Toy studies

Contents

Toy studies#

Having a model, it can be convenient to do sensitivity studies and checks of the fit by doing a “toy study”: sampling from the model and fitting to the generated sample. The fitted values and the spread characterize whether the fit is biased or not. The difference to the “actual” value divided by the uncertainty (the pulls) should follow a standard Gaussian distribution

import matplotlib.pyplot as plt
import numpy as np
import progressbar
import tensorflow as tf
import zfit
from zfit import z
No module named 'nlopt'

We gonna build a simple model, just a Gaussian. But, given the well defined workflow of zfit, model can be exchanged by any complicated composition or custom model.

obs = zfit.Space('x', (-5, 5))

sigma = zfit.Parameter('sigma', 1, 0.1, 10)
mu = zfit.Parameter('mu', 0, -1, 1)
model = zfit.pdf.Gauss(obs=obs, mu=mu, sigma=sigma)

Instead of using sample as before, we will first build our loss with a more efficient Data, a “sampler”, created by create_sampler.
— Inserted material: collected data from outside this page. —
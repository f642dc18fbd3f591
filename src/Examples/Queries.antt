-- ===== src/Examples/Queries.antt =====
-- The listing of a customer's work orders (src/api/router.py).
use shelf_life_copilot.Prelude.{◌≡◌, refl, none, [], ◌∷◌}
use shelf_life_copilot.Prelude.Table.{All, contains}
use shelf_life_copilot.Prelude.Slices.{slice, take, drop}
use shelf_life_copilot.Prelude.Sorting.{sort_by, filter, insert_by}
use shelf_life_copilot.Models.WorkOrder.{validate, receipt_fits}
use shelf_life_copilot.Persistence.Listings.{list_for_customer, read_rows}
use shelf_life_copilot.Security.{Principal, operator, require_customer}
use shelf_life_copilot.Api.Paging.{page}
use shelf_life_copilot.Api.Queries.{answered, list_work_orders}
use shelf_life_copilot.Api.Queries.Tenants.{HasCustomer, list_work_orders-All}
use shelf_life_copilot.Examples.Orders.{started, moved_tables}

abbrev ann : Principal
ann = record { subject = "ann"; customer_ids = "c1" ∷ []; roles = operator ∷ [] }

lists : list_work_orders moved_tables ann "c1" 0 10 ≡ answered (started ∷ [], none)
unfolding list_work_orders list_for_customer read_rows validate receipt_fits require_customer page
    contains slice take drop sort_by filter insert_by
lists = refl

list_work_orders-All_example : HasCustomer ann "c1" × All (λ o. o.customer_id ≡ "c1") (started ∷ [])
list_work_orders-All_example = list_work_orders-All moved_tables ann "c1" 0 10 lists
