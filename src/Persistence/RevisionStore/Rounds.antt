-- ===== src/Persistence/RevisionStore/Rounds.antt =====
-- The constraints of `revision_sessions`, and the one round of revision that they give
-- (src/persistence/revision_store.py).
pub mod Once
pub mod Feedback
use shelf_life_copilot.Prelude.{
  ℕ, ◌+◌, ◌≤◌, String, ◌≡◌, ◌≢◌, refl, sym, ◌∙◌, ap, ◌⊎◌, inl, inr, Bool, true, false, ◌&&◌, ◌||◌,
  Option, none, some, List, [], ◌∷◌, ◌++◌, DateTime, Result, ok, err, value_error, key_error, ◌==◌,
  nat_eq, if◌then◌else◌, arith, eq_iff, eq_refl, Bool-cases, Option-cases,
}
use shelf_life_copilot.Prelude.Table.{
  All, All-append, All-map, All-find, All-update_where, find, find_sound, find-append_none,
  find-update_where, contains, update_where,
}
use shelf_life_copilot.Prelude.Distinct.{
  Distinct, Distinct-append, Distinct-update_where, Distinct-update_fewer, All-contains-false,
  contains-update_where, contains-append_true, contains-append_last,
}
use shelf_life_copilot.Persistence.RevisionStore.{
  SessionStatus, pending, processing, is_pending, RevisionSession, Sessions, awaits, revises,
  has_session_id, get, new_session, added, open_session, with_feedback, attach_to, attach_feedback,
  completed_session, complete, failed_session, fail,
}

-- the primary key and UNIQUE(customer_id, batch_id, original_generated_at)
abbrev pub sessions_conflict : RevisionSession → RevisionSession → Bool
sessions_conflict a b =
    has_session_id b.session_id a || revises b.customer_id b.batch_id b.original_generated_at a

-- the unique index over the pending sessions of an operator
abbrev pub both_pending : RevisionSession → RevisionSession → Bool
both_pending a b = awaits b.operator_id a && is_pending b.status

pub record IsSound (t : Sessions) : Type 0 where
  pub keyed : Distinct sessions_conflict t.rows
  pub one_pending : Distinct both_pending t.rows
  pub ids_bounded : All (λ s. s.session_id ≤ t.last_id) t.rows

-- One call of the store, by anyone.
pub data Call : Type 0 where
  opening : (operator customer batch : String) → DateTime → Call
  attaching : (operator feedback event_id : String) → Call
  completing : ℕ → DateTime → Call
  failing : ℕ → Call

module _ (strip : String → String) where
  unfoldable pub apply : Call → Sessions → Sessions
  apply (opening operator customer batch generated) t =
      (open_session operator customer batch generated t).1
  apply (attaching operator feedback event_id) t =
      (attach_feedback strip operator feedback event_id t).1
  apply (completing id revised) t = complete id revised t
  apply (failing id) t = fail id t

  unfoldable pub run : List Call → Sessions → Sessions
  unfolding apply
  run [] t = t
  run (c ∷ cs) t = run cs (apply c t)

-- A change that leaves the unique columns alone and makes nothing pending.
pub record Settles (f : RevisionSession → RevisionSession) : Type 0 where
  id : (s : RevisionSession) → (f s).session_id ≡ s.session_id
  operator : (s : RevisionSession) → (f s).operator_id ≡ s.operator_id
  customer : (s : RevisionSession) → (f s).customer_id ≡ s.customer_id
  batch : (s : RevisionSession) → (f s).batch_id ≡ s.batch_id
  generated : (s : RevisionSession) → (f s).original_generated_at ≡ s.original_generated_at
  settled : (s : RevisionSession) → is_pending (f s).status ≡ false

module _ (p : RevisionSession → Bool) (f : RevisionSession → RevisionSession) (k : Settles f) where
  pub update-IsSound :
      (t : Sessions) → IsSound t → IsSound (record t { rows = update_where p f t.rows })
  update-IsSound t s = record {
    keyed =
        Distinct-update_where sessions_conflict p f
          (λ a b. simp (k.id b, k.customer b, k.batch b, k.generated b))
          (λ a b. simp (k.id a, k.customer a, k.batch a, k.generated a)) t.rows s.keyed;
    one_pending =
        Distinct-update_fewer both_pending p f (λ a b h. ground (arith, k.settled b))
          (λ a b h. ground (arith, k.settled a)) t.rows s.one_pending;
    ids_bounded =
        All-update_where (λ z. z.session_id ≤ t.last_id) p f (λ a _ h. rw (k.id a) h) t.rows
          s.ids_bounded;
  }

  pub update-revises :
      (customer batch : String) (generated : ℕ) (rows : List RevisionSession)
      → contains (revises customer batch generated) (update_where p f rows)
        ≡ contains (revises customer batch generated) rows
  update-revises customer batch generated =
      contains-update_where (revises customer batch generated) p f
        (λ a. simp (k.customer a, k.batch a, k.generated a))

pub Settles-feedback : (feedback event_id : String) → Settles (with_feedback feedback event_id)
Settles-feedback feedback event_id = record {
  id = λ s. refl;
  operator = λ s. refl;
  customer = λ s. refl;
  batch = λ s. refl;
  generated = λ s. refl;
  settled = λ s. refl;
}

pub Settles-completed : (at : ℕ) → Settles (completed_session at)
Settles-completed at = record {
  id = λ s. refl;
  operator = λ s. refl;
  customer = λ s. refl;
  batch = λ s. refl;
  generated = λ s. refl;
  settled = λ s. refl;
}

pub Settles-failed : Settles failed_session
Settles-failed = record {
  id = λ s. refl;
  operator = λ s. refl;
  customer = λ s. refl;
  batch = λ s. refl;
  generated = λ s. refl;
  settled = λ s. refl;
}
This has like sample the arguments for limits and the number of samples, but also supports fixed_params, which is true by default. This means that whenever this object is resampled, it will be resampled with the parameter values that it had when we created the sampler.

sampler = model.create_sampler(n=3000, fixed_params=True)

So far, no sampling happened yet. But first, we build our whole chain, just using our sampler as data.

nll = zfit.loss.UnbinnedNLL(model, sampler)

from zfit.minimize import \
    DefaultToyStrategy  # this stategy does not raise an error with NaNs but returns a non-converged `FitResult`

minimizer = zfit.minimize.Minuit(strategy=DefaultToyStrategy(), verbosity=0, tol=1e-3, use_minuit_grad=True)
fit_results = []
ntoys = 20
params = nll.get_params()

with progressbar.ProgressBar(max_value=ntoys) as bar:

    while len(fit_results) < ntoys:

        # Generate toys
        sampler.resample()  # this is where the sampling happens

        # Randomise initial values. They can put the pdf in an unphysical region, making it negative at points.
        # This will produce NaNs in the log of the NLL. Therefore, we randomize until we got no NaNs anymore.
        for param in params:
            param.randomize()  # or smarter, use `set_value` for your own method

# The following can be used if the loss may returns NaNs, to test. Repeat in a while loop until it matches
#            try:
#                is_nan = np.isnan(zfit.run(nll.value()))
#            except tf.errors.InvalidArgumentError:  # NaNs produced, check_numerics raises this error
#                # print("nan error, try again")  # try again
#                is_nan = True
#            else:
#                break

        # Minimise the NLL
        result = minimizer.minimize(nll)

        if result.converged:
            # Calculate uncertainties
            result.hesse()
            fit_results.append(result)
            bar.update(len(fit_results))
print(fit_results[:10])
[<zfit.minimizers.fitresult.FitResult object at 0x7fd2284babd0>, <zfit.minimizers.fitresult.FitResult object at 0x7fd228490ad0>, <zfit.minimizers.fitresult.FitResult object at 0x7fd22d1fa490>, <zfit.minimizers.fitresult.FitResult object at 0x7fd22851d650>, <zfit.minimizers.fitresult.FitResult object at 0x7fd2296f8a50>, <zfit.minimizers.fitresult.FitResult object at 0x7fd283642090>, <zfit.minimizers.fitresult.FitResult object at 0x7fd2283b9d10>, <zfit.minimizers.fitresult.FitResult object at 0x7fd2283ba810>, <zfit.minimizers.fitresult.FitResult object at 0x7fd228391e50>, <zfit.minimizers.fitresult.FitResult object at 0x7fd228332c50>]

Evaluate results#

From here on, we can use the fit_results to compare against the true value, make plots, etc.